# [ASSIGNMENT]
Output every entry exactly as it appears.

# [WORKING DATA]
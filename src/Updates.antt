-- ===== src/Updates.antt =====
-- What the update operations of internal/growthbook write over an existing document, and what of it
-- they keep.
pub mod Upserts
pub mod Users
pub mod Organizations
pub mod Features
pub mod Connections
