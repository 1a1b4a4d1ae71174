-- ===== src/Watching.antt =====
-- Which objects the controller looks at, and which instances a change wakes.
pub mod Selection
pub mod Requests
pub mod Secrets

# [RESPONSE BELOW]
filename src/Updates.antt
-- ===== src/Updates.antt =====
-- What the update operations of internal/growthbook write over an existing document, and what of it
-- they keep.
pub mod Upserts
pub mod Users
pub mod Organizations
pub mod Features
pub mod Connections
repository 1a1b4a4d1ae71174
-- ===== src/Watching.antt =====
-- Which objects the controller looks at, and which instances a change wakes.
pub mod Selection
pub mod Requests
pub mod Secrets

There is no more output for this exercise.